Sequence	AAE	EPE	AAE	EPE	AAE(%)	EPE(%)
	Grayscale		Color (RGB)
Alley 1	3.343^º	0.374	3.328^º	0.373	0.45%	0.27%
Alley 2	3.100^º	0.270	3.065^º	0.612	5.48%	7.68%
Ambush 2	31.83^º	25.14	31.12^º	25.22	2.28%	-0.32%
Ambush 4	28.24^º	34.73	27.92^º	34.72	1.14%	0.03%
Ambush 5	29.59^º	2.647	26.91^º	2.234	6.80%	18.5%
Ambush 6	12.21^º	12.72	11.95^º	12.62	2.17%	0.79%
Ambush 7	6.924^º	2.072	6.821^º	2.152	1.51%	-3.72%
Bamboo 1	4.416^º	0.307	4.237^º	0.291	4.22%	5.50%
Bamboo 2	6.334^º	0.706	6.084^º	0.665	4.10%	4.11%
Bandage 1	7.367^º	1.061	7.262^º	1.030	1.44%	3.01%
Bandage 2	9.403^º	1.145	9.242^º	1.074	1.74%	6.61%
Cave 2	3.219^º	1.707	3.166^º	1.741	1.67%	-3.72%
Cave 4	13.19^º	7.810	12.60^º	7.681	4.68%	1.68%
Market 2	8.814^º	1.561	8.628^º	1.607	2.15%	-2.86%
Market 5	33.68^º	27.37	32.84^º	25.08	2.55%	9.13%
Market 6	6.491^º	9.245	6.070^º	9.036	6.93%	2.31%
Mountain 1	6.500^º	1.407	6.296^º	1.273	3.24%	10.5%
Shaman 2	6.367^º	0.311	6.335^º	0.307	0.50%	1.30%
Shaman 3	6.367^º	0.508	6.038^º	0.520	1.11%	-2.31%
Sleeping 1	1.394^º	0.113	1.290^º	0.104	8.06%	8.65%
Sleeping 2	1.589^º	0.706	1.541^º	0.070	3.11%	4.47%
Temple 2	7.579^º	1.438	7.296^º	1.456	3.88%	-1.24%
Temple 3	3.165^º	0.958	2.991^º	0.886	5.82%	8.13%
Table 2. AAE and EPE for the MPI Sintel dataset: configurations of the parameters that provide the best average errors.

On the other hand, the error amelioration is not enough to determine if a multi-channel scheme is justified. Thus, Tables 3 and 4 show the runtimes of each sequence and the percentage of improvement provided by the grayscale with respect to the RGB images. As expected, less information means less execution time. However, the difference is not excessively pronounced and, even, in the case of Ambush 2 sequence, less time is required if we use colour information. This means that, using more information from the images, the algorithm usually converges in less iterations. Moreover, we must consider that the increment in the calculations has only affected the data term, so that more image channels does not mean that the operations grow up proportionally.

Sequence	Grayscale	Color (RGB)	Speed (%)
Grove2	45s	67s	32.83%
Grove3	49s	72s	31.94%
Hydrangea	22s	46s	52.17%
RubberWhale	30s	48s	37.50%
Urban2	50s	72s	30.55%
Urban3	55s	81s	32.10%
Dimetrodon	28s	47s	40.42%
Table 3. Computation time in Middlebury sequences.

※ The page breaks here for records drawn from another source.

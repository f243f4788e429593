-- ===== src/Translate/Segments.antt =====
-- The structural transform `dated-segments`, which reshapes 19.2 PaxSegments into the 21.3 model.
-- `none` is a panic: the source reads the MarketingCarrierInfo of each segment, and the same walk
-- goes on into its Arrival and Dep, whether they are there or not.
use ndc_mock.Prelude.{
  ℕ, zero, suc, ◌&&◌, Option, none, some, List, [], ◌∷◌, ◌++◌, map, String, ◌<>◌, if◌then◌else◌,
  ◌==◌, ◌!=◌, string_eq, ◌>>=◌,
}
use ndc_mock.Prelude.Text.{itoa}
use ndc_mock.Tree.{
  Node, name, kids, with_kids, with_name, node, leaf, add_kid, child, child_text, kids_named,
  remove_kids,
}
use ndc_mock.Tree.Lists.{weight}
use ndc_mock.Tree.Walk.{walk_each}
use ndc_mock.Translate.Penalties.{is_none, contains}

-- A walk whose function may fail.
unfoldable pub walk_try : ℕ → (Node → Option Node) → Node → Option Node
unfolding walk_each
walk_try zero f n = none
walk_try (suc fuel) f n = do
  m ← f n
  ks ← walk_each (walk_try fuel f) (kids m)
  some (with_kids ks m)

-- The first child of the name, changed in place.
unfoldable pub update_first : String → (Node → Node) → List Node → List Node
update_first s f [] = []
update_first s f (k ∷ ks) = if name k == s then f k ∷ ks else k ∷ update_first s f ks

locate : String → Node → Node
unfolding child
locate code p =
    if is_none (child p "IATA_LocationCode") && code != ""
    then add_kid (leaf "IATA_LocationCode" code) p
    else p

unfoldable pub fill_location : String → Node → Node → Node
unfolding locate update_first child child_text
fill_location end from leg =
    let fill = locate (child_text from "IATA_LocationCode") in
    if is_none (child leg end)
    then add_kid (fill (node end [])) leg
    else with_kids (update_first end fill (kids leg)) leg

-- A leaf, if it has a text.
abbrev leaf_if : String → String → List Node
leaf_if s v = if v != "" then leaf s v ∷ [] else []

-- A child that is moved, if there is one.
moved : Option Node → List Node
moved none = []
moved (some c) = c ∷ []

text_of : Option Node → String → String
unfolding child_text
text_of none s = ""
text_of (some n) s = child_text n s

child_of : Option Node → String → Option Node
unfolding child
child_of none s = none
child_of (some n) s = child n s

unfoldable pub marketing_segment : String → Node → Node → Node → Node → Node
unfolding moved child_text child
marketing_segment id mkt arr dep ps = node "DatedMarketingSegment" (
    (arr ∷ leaf "CarrierDesigCode" (child_text mkt "CarrierDesigCode") ∷ [])
    ++ (leaf_if "CarrierName" (child_text mkt "CarrierName")
        ++ ((leaf "DatedMarketingSegmentId" ("DMS_" <> id)
              ∷ leaf "DatedOperatingSegmentRefId" ("DOS_" <> id)
              ∷ dep
              ∷ leaf "MarketingCarrierFlightNumberText"
                  (child_text mkt "MarketingCarrierFlightNumberText")
              ∷ [])
            ++ (leaf_if "OperationalSuffixText" (child_text mkt "OperationalSuffixText")
                ++ moved (child ps "TicketlessInd")))))

-- The lists that the loops fill, and the legs that were listed.
pub record Lists : Type 0 where
  pub marketing : List Node
  pub operating : List Node
  pub legs : List Node
  pub seen : List String

-- The loop over the legs of one segment: the leg identifiers that the operating segment names are
-- collected beside the list of legs.
legs_loop : String → Node → Node → ℕ → List Node → Lists → List String → Lists × List String
unfolding child_text contains fill_location remove_kids itoa
legs_loop id arr dep n [] l refs = (l, refs)
legs_loop id arr dep n (leg ∷ rest) l refs =
    let given = child_text leg "DatedOperatingLegID" in
    let leg_id = if given == "" then "LEG_" <> (id <> ("_" <> itoa (suc n))) else given in
    let named = if given == "" then add_kid (leaf "DatedOperatingLegID" leg_id) leg else leg in
    let filled = fill_location "Arrival" arr (fill_location "Dep" dep named) in
    let done = with_kids (remove_kids (kids filled) "OnGroundDuration") filled in
    let l' =
      if contains l.seen leg_id
      then l
      else record l { seen = leg_id ∷ l.seen; legs = l.legs ++ (done ∷ []) } in
    legs_loop id arr dep (suc n) rest l' (refs ++ (leg_id ∷ []))

unfoldable pub operating_segment : String → String → List String → Option Node → Node → Node
unfolding moved child child_of
operating_segment id carrier refs opr ps = node "DatedOperatingSegment" (
    (leaf "CarrierDesigCode" carrier ∷ map (leaf "DatedOperatingLegRefID") refs)
    ++ ((leaf "DatedOperatingSegmentId" ("DOS_" <> id) ∷ [])
        ++ (moved (child_of opr "DisclosureRefID")
            ++ (moved (child ps "Duration")
                ++ (moved (child_of opr "OperatingCarrierFlightNumberText")
                    ++ (moved (child_of opr "OperationalSuffixText")
                        ++ (moved (child ps "SecureFlightInd")
                            ++ moved (child ps "SegmentTypeCode"))))))))

cabin : Option Node → List Node
cabin none = []
cabin (some c) = node "CabinTypeAssociationChoice" (with_name "SegmentCabinType" c ∷ []) ∷ []

-- What PaxSegment keeps.
unfoldable pub kept : String → Node → Node → List Node
unfolding cabin moved child child_text
kept id mkt ps =
    let own = child ps "MarketingCarrierRBD_Code" in
    let code = child_text mkt "RBD_Code" in
    let rbd = if is_none own then leaf_if "MarketingCarrierRBD_Code" code else moved own in
    cabin (child ps "CabinType")
    ++ ((leaf "DatedMarketingSegmentRefId" ("DMS_" <> id) ∷ [])
        ++ (rbd ++ (moved (child ps "OperatingCarrierRBD_Code") ++ (leaf "PaxSegmentID" id ∷ []))))

-- One round of the loop over the segments.
unfoldable pub segment_step : Lists → Node → Option (Lists × Node)
unfolding marketing_segment legs_loop operating_segment kept child child_text kids_named text_of
segment_step l ps = do
  mkt ← child ps "MarketingCarrierInfo"
  arr ← child ps "Arrival"
  dep ← child ps "Dep"
  let id = child_text ps "PaxSegmentID"
  let opr = child ps "OperatingCarrierInfo"
  let own = text_of opr "CarrierDesigCode"
  let carrier = if own != "" then own else child_text mkt "CarrierDesigCode"
  let (l', refs) = legs_loop id arr dep 0 (kids_named ps "DatedOperatingLeg") l []
  some (
    record l' {
      marketing = l'.marketing ++ (marketing_segment id mkt arr dep ps ∷ []);
      operating = l'.operating ++ (operating_segment id carrier refs opr ps ∷ []);
    },
    with_kids (kept id mkt ps) ps,
  )

unfoldable pub segments_loop : Lists → List Node → Option (Lists × List Node)
unfolding segment_step
segments_loop l [] = some (l, [])
segments_loop l (ps ∷ rest) = do
  (l', ps') ← segment_step l ps
  (l'', rest') ← segments_loop l' rest
  some (l'', ps' ∷ rest')

list_if : String → List Node → List Node
list_if s [] = []
list_if s (k ∷ ks) = node s (k ∷ ks) ∷ []

no_lists : Lists
no_lists = record { marketing = []; operating = []; legs = []; seen = [] }

reshape_list : Node → Option Node → Option Node
unfolding segments_loop list_if no_lists update_first
reshape_list dl none = some dl
reshape_list dl (some psl) = do
  (l, segments) ← segments_loop no_lists (kids psl)
  some (
      with_kids
        (update_first "PaxSegmentList" (with_kids segments) (kids dl)
          ++ (list_if "DatedMarketingSegmentList" l.marketing
              ++ (list_if "DatedOperatingSegmentList" l.operating
                  ++ list_if "DatedOperatingLegList" l.legs)))
        dl)

unfoldable pub reshape : Node → Option Node
unfolding reshape_list child
reshape dl = if name dl != "DataLists" then some dl else reshape_list dl (child dl "PaxSegmentList")

-- The new lists make a DataLists element at most a few levels deeper; the fuel allows for eight.
unfoldable pub dated_segments : Node → Option Node
unfolding walk_try reshape weight
dated_segments root = walk_try (suc (weight "DataLists" 8 root)) reshape root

Sequence	Grayscale	Color (RGB)	Speed (%)
Alley 1	63s	107s	41.12%
Alley 2	49s	81s	39.51%
Ambush 2	199s	150s	-32.67%
Ambush 4	70s	106s	33.96%
Ambush 5	102s	135s	24.45%
Ambush 6	99s	140s	29.29%
Ambush 7	97s	144s	32.64%
Bamboo 1	64s	116s	44.83%
Bamboo 2	79s	108s	26.85%
Bandage 1	89s	128s	30.47%
Bandage 2	93s	128s	27.34%
Cave 2	84s	113s	25.66%
Cave 4	86s	120s	28.33%
Market 2	73s	114s	35.96%
Market 5	205s	205s	0.00%
Market 6	104s	136s	23.53%
Mountain 1	45s	81s	44.45%
Shaman 2	67s	101s	33.66%
Shaman 3	89s	123s	27.64%
Sleeping 1	31s	63s	50.79%
Sleeping 2	36s	68s	47.06%
Temple 2	92s	131s	29.77%
Temple 3	90s	124s	27.42%
Table 4. Computation time in MPI Sintel dataset.